From Lupyan_Lab_Wiki
Jump to: navigation, search


Fun with strings[edit]

Inside the Commons\exercise_9 folder is a corpus of tv-show subtitles from a bunch of US and UK TV shows. Please write code to answer the following questions.

  1. How many unique words are there in the US corpus? In the UK corpus? Hint, you probably want to concatenate all the files from each corpus into a single file so that you're working with two files, not 100s. See here to refresh your command line skills.
  2. List all the words that are identical but have a longer spelling in the UK vs the US corpus (e.g., color/colour, behavior/behaviour, acknowledgment/acknowledgement). Now list all the words that have a longer spelling in US compared to UK english.
  3. What is the average word length in the US corpus? In the UK corpus?
  4. What are the 10 words that are relatively more frequent in the UK compared to the US texts? What are the 10 words that are relatively more frequent in the US compared to the UK texts?
    1. The definition of relative frequency is: frequency(Word)/number_of_total_words_in_the_corpus (Earlier version said number of unique words This is wrong). To get the words that are relatively more frequent in US than the UK corpus, you'll want to subtract the two frequencies and output the 10 words with the largest differences. You'll want to ignore any words that only occur in one of the corpora (e.g., there's 'colouring' in the UK but not the US corpus, so it wouldn't make sense to compare its relative frequency).
  5. Let's now redo the analysis above, but let's include only relatively more frequent words -- those with frequencies of 40 or more. That is, do the analysis above only on words that occur with a frequency of >=40 in both the US and the UK corpus.
  6. Bonus: Redo the analysis above for types instead of tokens. This means that go/went/going would all count as frequencies for 'go', cat/cats/cat's would all count as frequencies for 'cat'. You can use the tokenizing functions from the NLTK library OR get the token-to-type conversion in the ANC-written-count_over9.txt file inside common\demos\regex. If you use the ANC file to do the token-to-type conversion ignore words that occur in the subtitles files but not in the ANC file.

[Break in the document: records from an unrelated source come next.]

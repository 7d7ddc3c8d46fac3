-- ===== src/Transport/Negotiation.antt =====
-- src/transport/negotiation.rs: the parameters that a connection begins with, and their bytes. The bytes
-- of a text and the text of a number are parameters; serde writes a field under the name of its
-- attribute, in the order of the names, and leaves out one that is not there.
pub mod Framing
mod Tests
use iscp_rs.Base.{
  ℕ, ◌/◌, ◌%◌, String, Option, none, some, List, [], ◌∷◌, ◌++◌, if◌then◌else◌, ltb, length, u16_mod,
}
use iscp_rs.Base.Int.{ℤ, pos}
use iscp_rs.Errors.{Outcome, ok, err, panic, transport}
use iscp_rs.Message.Types.{Bytes}

pub data EncodingName : Type 0 where
  protobuf : EncodingName

pub data CompressionType : Type 0 where
  per_message : CompressionType
  context_takeover : CompressionType

pub record NegotiationParams : Type 0 where
  pub encoding_name : EncodingName
  pub compression_type : Option CompressionType
  pub compression_level : Option ℤ
  pub compression_window_bits : Option ℕ

pub record Texts : Type 0 where
  pub bytes_of : String → Bytes
  pub number : ℤ → String

abbrev pub encoding_text : EncodingName → String
encoding_text protobuf = "proto"

abbrev pub type_text : CompressionType → String
type_text per_message = "per-message"
type_text context_takeover = "context-takeover"

abbrev pub optional : String → Option String → List (String × String)
optional key none = []
optional key (some value) = (key, value) ∷ []

abbrev pub option_map : {A B : Type 0} → (A → B) → Option A → Option B
option_map f none = none
option_map f (some a) = some (f a)

-- `put_u16`.
abbrev pub u16_bytes : ℕ → Bytes
u16_bytes n = n / 256 ∷ n % 256 ∷ []

-- One key with its value.
unfoldable pub put_entry : Bytes × Bytes → Bytes → Outcome Bytes
put_entry (k, v) buf =
    if ltb (length k) u16_mod
    then if ltb (length v) u16_mod
      then ok (buf ++ ((u16_bytes (length k) ++ k) ++ (u16_bytes (length v) ++ v)))
      else err (transport "too long value for negotiation")
    else err (transport "too long key for negotiation")

unfoldable pub put_all : List (Bytes × Bytes) → Bytes → Outcome Bytes
put_all [] buf = ok buf
put_all (e ∷ es) buf = elim (put_entry e buf) [
  | ok buf' ↦ put_all es buf'
  | err x ↦ err x
  | panic ↦ panic
]

module _ (t : Texts) where
  -- `serde_json::to_value`, as its map is walked.
  unfoldable pub entries : NegotiationParams → List (String × String)
  entries p =
      optional "clevel" (option_map t.number p.compression_level)
      ++ optional "comp" (option_map type_text p.compression_type)
      ++ optional "cwinbits" (option_map (λ n. t.number (pos n)) p.compression_window_bits)
      ++ ("enc", encoding_text p.encoding_name) ∷ []

  unfoldable pub entry_bytes : List (String × String) → List (Bytes × Bytes)
  entry_bytes [] = []
  entry_bytes ((k, v) ∷ es) = (t.bytes_of k, t.bytes_of v) ∷ entry_bytes es

  unfoldable pub to_bytes : NegotiationParams → Outcome Bytes
  to_bytes p = put_all (entry_bytes (entries p)) []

All of these questions have objectively correct answers, but there are a variety of ways to get to them. You are free to use simple string matching, regular expressions, the NLTK library, and any standard Python libraries you think would be handy. For example, the Counter class from the collections library may be pretty handy, as is the difflib library I mentioned in class. NLTK has functions that will allow you to do this exercise using just a few lines of code.